● **What to work on**
There is one span to output from the data below: the lines starting at the line with "scan_free zero map = none" and ending at the line with "let again = get_free_loop". Output it exactly, ends included, nothing more.

Stored items from a collection:
[Start of Attachment]
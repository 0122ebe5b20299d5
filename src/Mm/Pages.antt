-- ===== src/Mm/Pages.antt =====
-- free_page and mem_init of mm/memory.c, and get_free_page of mm/swap.c.
pub mod Init
pub mod Alloc
pub mod Free
mod Tests
use my_linux_kernel.Common.{
  ℕ, zero, suc, ◌+◌, ◌-◌, ◌*◌, ◌/◌, ◌==◌, List, Option, none, some, ltb, leb, get_or, set,
  replicate, add32, sub32, if◌then◌else◌,
}
use my_linux_kernel.Mm.Run.{
  low_mem, paging_pages, used, Ram, Mm, M, Run, done, panic, hang, store, free_above_high_memory,
  free_unallocated,
}

-- MAP_NR
abbrev pub map_nr : ℕ → ℕ
map_nr addr = sub32 addr low_mem / 4096

-- `mem_map[i]--` on an unsigned char
abbrev pub dec8 : ℕ → ℕ
dec8 n = if n == 0 then 255 else n - 1

unfoldable pub free_page : ℕ → M (Unit {0})
free_page addr m =
    if ltb addr low_mem
    then done tt m
    else (if leb m.high_memory addr
        then panic free_above_high_memory
        else (let i = map_nr addr in
            let n = get_or m.mem_map i 0 in
            if n == 0
            then panic free_unallocated
            else done tt (record m { mem_map = set m.mem_map i (dec8 n) })))

-- `repne scasb` with the direction flag set: the greatest number below `n` of a free page.
unfoldable pub scan_free : ℕ → List ℕ → Option ℕ
scan_free zero map = none
scan_free (suc n) map = let below = scan_free n map in if get_or map n 1 == 0 then some n else below

-- `rep stosl` of zeros with the direction flag set: `n` words, from number `w` down.
unfoldable pub clear_words : ℕ → ℕ → Ram → Ram
clear_words zero w r = r
clear_words (suc n) w r = clear_words n (w - 1) (store r w 0)

-- What one run of the assembler text does with the number that the scan has found: the page is
-- marked and cleared, or `res`, which is in eax, is left as it is.
unfoldable pub grab : Option ℕ → ℕ → Mm → ℕ × Mm
grab none res m = (res, m)
grab (some i) res m =
    let page = i * 4096 + low_mem in
    (
      page,
      record m { mem_map = set m.mem_map i 1; ram = clear_words 1024 ((page + 4092) / 4) m.ram },
    )

unfoldable pub take_page : ℕ → Mm → ℕ × Mm
unfolding grab
take_page res m = grab (scan_free paging_pages m.mem_map) res m

-- `goto repeat` while the page is above HIGH_MEMORY. `__res` is the register eax, 0 at first, and
-- keeps its value where the scan finds nothing; the scan reads its low byte, which is 0 for a page.
unfoldable pub get_free_loop : ℕ → ℕ → M ℕ
get_free_loop zero res m = hang
get_free_loop (suc fuel) res m =
    let (page, m') = take_page res m in
    let again = get_free_loop fuel page m' in if leb m.high_memory page then again else done page m'

-- Each round before the last takes a page, so a run that is not over after one round more than
-- there are pages never ends.
unfoldable pub get_free_page : M ℕ
get_free_page = get_free_loop (paging_pages + 2) 0

-- The loops of mem_init: all pages are used, then `n` pages from number `i` on are free.
unfoldable pub mark_free : ℕ → ℕ → List ℕ → List ℕ
mark_free zero i map = map
mark_free (suc n) i map = mark_free n (i + 1) (set map i 0)

-- `>> 12` on a signed long
abbrev pub sar12 : ℕ → ℕ
sar12 d = if ltb d 0x80000000 then d / 4096 else 0xfff00000 + d / 4096

unfoldable pub mem_init : ℕ → ℕ → Mm → Mm
mem_init start_mem end_mem m = record m {
  high_memory = end_mem;
  mem_map =
      mark_free (sar12 (sub32 end_mem start_mem)) (map_nr start_mem) (replicate paging_pages used);
}
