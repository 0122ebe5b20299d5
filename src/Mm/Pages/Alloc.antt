-- ===== src/Mm/Pages/Alloc.antt =====
-- Managed maps of pages, and get_free_page of mm/swap.c on them.
use my_linux_kernel.Common.{
  ℕ, zero, suc, ◌+◌, ◌-◌, ◌*◌, ◌/◌, ◌≤◌, ◌<◌, ◌≡◌, ◌≢◌, inl, inr, refl, ◌∙◌, ◌==◌, ◌&&◌, Bool, List,
  [], ◌∷◌, Option, none, some, ltb, leb, get_or, set, length, arith, Bool-cases, leb→le, ltb→lt,
  leb_of_lt, if◌then◌else◌,
}
use my_linux_kernel.Mm.Run.{low_mem, Ram, Mm, Run, done, store}
use my_linux_kernel.Mm.Pages.{scan_free, clear_words, take_page, get_free_loop, get_free_page}

-- the count of page number `i`
abbrev pub count : Mm → ℕ → ℕ
count m i = get_or m.mem_map i 0

-- The map has an entry for each page, HIGH_MEMORY is within the pages, and no page from it on is
-- free.
pub record IsManaged (m : Mm) : Type 0 where
  pub entries : length m.mem_map ≡ 3840
  pub from : low_mem ≤ m.high_memory
  pub to : m.high_memory ≤ 0x1000000
  pub above : (i : ℕ) → i < 3840 → m.high_memory ≤ low_mem + i * 4096 → get_or m.mem_map i 0 ≢ 0

-- The scan finds the greatest free page below `n`, or there is none.
data Scan (map : List ℕ) (n : ℕ) (r : Option ℕ) : Type 0 where
  found :
      (i : ℕ)
      → r ≡ some i
      → i < n
      → get_or map i 0 ≡ 0
      → ((j : ℕ) → i < j → j < n → get_or map j 0 ≢ 0)
      → Scan map n r
  not_found : r ≡ none → ((j : ℕ) → j < n → get_or map j 0 ≢ 0) → Scan map n r

get_or_default : (xs : List ℕ) (i d e : ℕ) → i < length xs → get_or xs i d ≡ get_or xs i e
get_or_default [] i d e h = absurd (omega arith)
get_or_default (x ∷ xs) zero d e h = refl
get_or_default (x ∷ xs) (suc i) d e h = get_or_default xs i d e (omega arith)

extend :
    (map : List ℕ) (n : ℕ) (P : ℕ → Type 0)
    → get_or map n 0 ≢ 0
    → ((j : ℕ) → P j → j < n → get_or map j 0 ≢ 0)
    → (j : ℕ) → P j
    → j < suc n
    → get_or map j 0 ≢ 0
extend map n P here below j p h = elim (Bool-cases (j == n)) [
  | inl e ↦ let same : j ≡ n = ground arith in rw same here
  | inr e ↦ below j p (ground arith)
]

scan_free-Scan : (n : ℕ) (map : List ℕ) → n ≤ length map → Scan map n (scan_free n map)
unfolding scan_free
scan_free-Scan zero map h = not_found refl (λ j small. absurd (omega arith))
scan_free-Scan (suc n) map h = elim (Bool-cases (get_or map n 1 == 0)) [
  | inl free ↦ rw free (
      found n refl (omega arith) (ground (arith, get_or_default map n 0 1))
        (λ j a b. absurd (omega arith)))
  | inr taken ↦
      rw taken (go (scan_free-Scan n map (omega arith)) (ground (arith, get_or_default map n 0 1)))
]
  where
    go : Scan map n (scan_free n map) → get_or map n 0 ≢ 0 → Scan map (suc n) (scan_free n map)
    go (found i e small free above) here =
        found i e (omega arith) free (extend map n (λ j. i < j) here above)
    go (not_found e all) here =
        not_found e (λ j small. extend map n (λ _. Unit {0}) here (λ k _. all k) j tt small)

-- word `k` is in the page with number `i`
abbrev pub in_page : ℕ → ℕ → Bool
in_page i k = leb (low_mem / 4 + i * 1024) k && ltb k (low_mem / 4 + i * 1024 + 1024)

clear_words_lem :
    (n w : ℕ) (r : Ram) (k : ℕ)
    → clear_words n (w + n) r k ≡ (if leb (suc w) k && leb k (w + n) then 0 else r k)
unfolding clear_words
clear_words_lem zero w r k = ground arith
clear_words_lem (suc n) w r k =
    let next : w + suc n - 1 ≡ w + n = omega arith in
    rw next (ground (arith, clear_words_lem n w (store r (w + suc n) 0) k))

cleared :
    (i : ℕ) (r : Ram) (k : ℕ)
    → clear_words 1024 ((i * 4096 + low_mem + 4092) / 4) r k ≡ (if in_page i k then 0 else r k)
cleared i r k =
    let top : (i * 4096 + low_mem + 4092) / 4 ≡ 262143 + i * 1024 + 1024 = omega arith in
    rw top (clear_words_lem 1024 (262143 + i * 1024) r k ∙ ground arith)

-- What get_free_page does: no page is free and it returns 0, or it returns the free page with the
-- greatest number below HIGH_MEMORY, marks it used once, and clears its words and no others.
pub data Alloc (m : Mm) (r : Run ℕ) : Type 0 where
  out_of_memory : r ≡ done 0 m → ((j : ℕ) → j < 3840 → count m j ≢ 0) → Alloc m r
  allocated :
      (i : ℕ) (ram' : Ram)
      → r ≡ done (i * 4096 + low_mem) (record m { mem_map = set m.mem_map i 1; ram = ram' })
      → i * 4096 + low_mem < m.high_memory
      → count m i ≡ 0
      → ((j : ℕ) → i < j → j < 3840 → count m j ≢ 0)
      → ((k : ℕ) → ram' k ≡ (if in_page i k then 0 else m.ram k))
      → Alloc m r

get_free_loop-Alloc : (fuel : ℕ) {m : Mm} → IsManaged m → Alloc m (get_free_loop (suc fuel) 0 m)
unfolding get_free_loop take_page
get_free_loop-Alloc fuel {m} v = go (scan_free-Scan 3840 m.mem_map (omega (arith, v.entries)))
  where
    go : Scan m.mem_map 3840 (scan_free 3840 m.mem_map) → Alloc m (get_free_loop (suc fuel) 0 m)
    go (found i e small free above) =
        let below : i * 4096 + low_mem < m.high_memory =
          elim (Bool-cases (leb m.high_memory (low_mem + i * 4096))) [
            | inl over ↦ absurd (v.above i small (leb→le _ _ over) free)
            | inr under ↦ ltb→lt _ _ (ground arith)
          ] in
        rw (e, leb_of_lt m.high_memory (i * 4096 + low_mem) below)
          (allocated i _ refl below free above (cleared i m.ram))
    go (not_found e all) = rw (e, leb_of_lt m.high_memory 0 (omega arith)) (out_of_memory refl all)

-- On a managed map get_free_page ends. It returns 0 if no page is free. Otherwise it returns
-- the free page with the greatest number, which lies below HIGH_MEMORY, marks it used once,
-- clears its words, and changes no other word.
pub get_free_page-Alloc : {m : Mm} → IsManaged m → Alloc m (get_free_page m)
unfolding get_free_page
get_free_page-Alloc v = get_free_loop-Alloc 3841 v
[End of Attachment]
● **Task solution**
scan_free zero map = none
scan_free (suc n) map = let below = scan_free n map in if get_or map n 1 == 0 then some n else below

-- `rep stosl` of zeros with the direction flag set: `n` words, from number `w` down.
unfoldable pub clear_words : ℕ → ℕ → Ram → Ram
clear_words zero w r = r
clear_words (suc n) w r = clear_words n (w - 1) (store r w 0)

-- What one run of the assembler text does with the number that the scan has found: the page is
-- marked and cleared, or `res`, which is in eax, is left as it is.
unfoldable pub grab : Option ℕ → ℕ → Mm → ℕ × Mm
grab none res m = (res, m)
grab (some i) res m =
    let page = i * 4096 + low_mem in
    (
      page,
      record m { mem_map = set m.mem_map i 1; ram = clear_words 1024 ((page + 4092) / 4) m.ram },
    )

unfoldable pub take_page : ℕ → Mm → ℕ × Mm
unfolding grab
take_page res m = grab (scan_free paging_pages m.mem_map) res m

-- `goto repeat` while the page is above HIGH_MEMORY. `__res` is the register eax, 0 at first, and
-- keeps its value where the scan finds nothing; the scan reads its low byte, which is 0 for a page.
unfoldable pub get_free_loop : ℕ → ℕ → M ℕ
get_free_loop zero res m = hang
get_free_loop (suc fuel) res m =
    let (page, m') = take_page res m in
    let again = get_free_loop fuel page m' in if leb m.high_memory page then again else done page m'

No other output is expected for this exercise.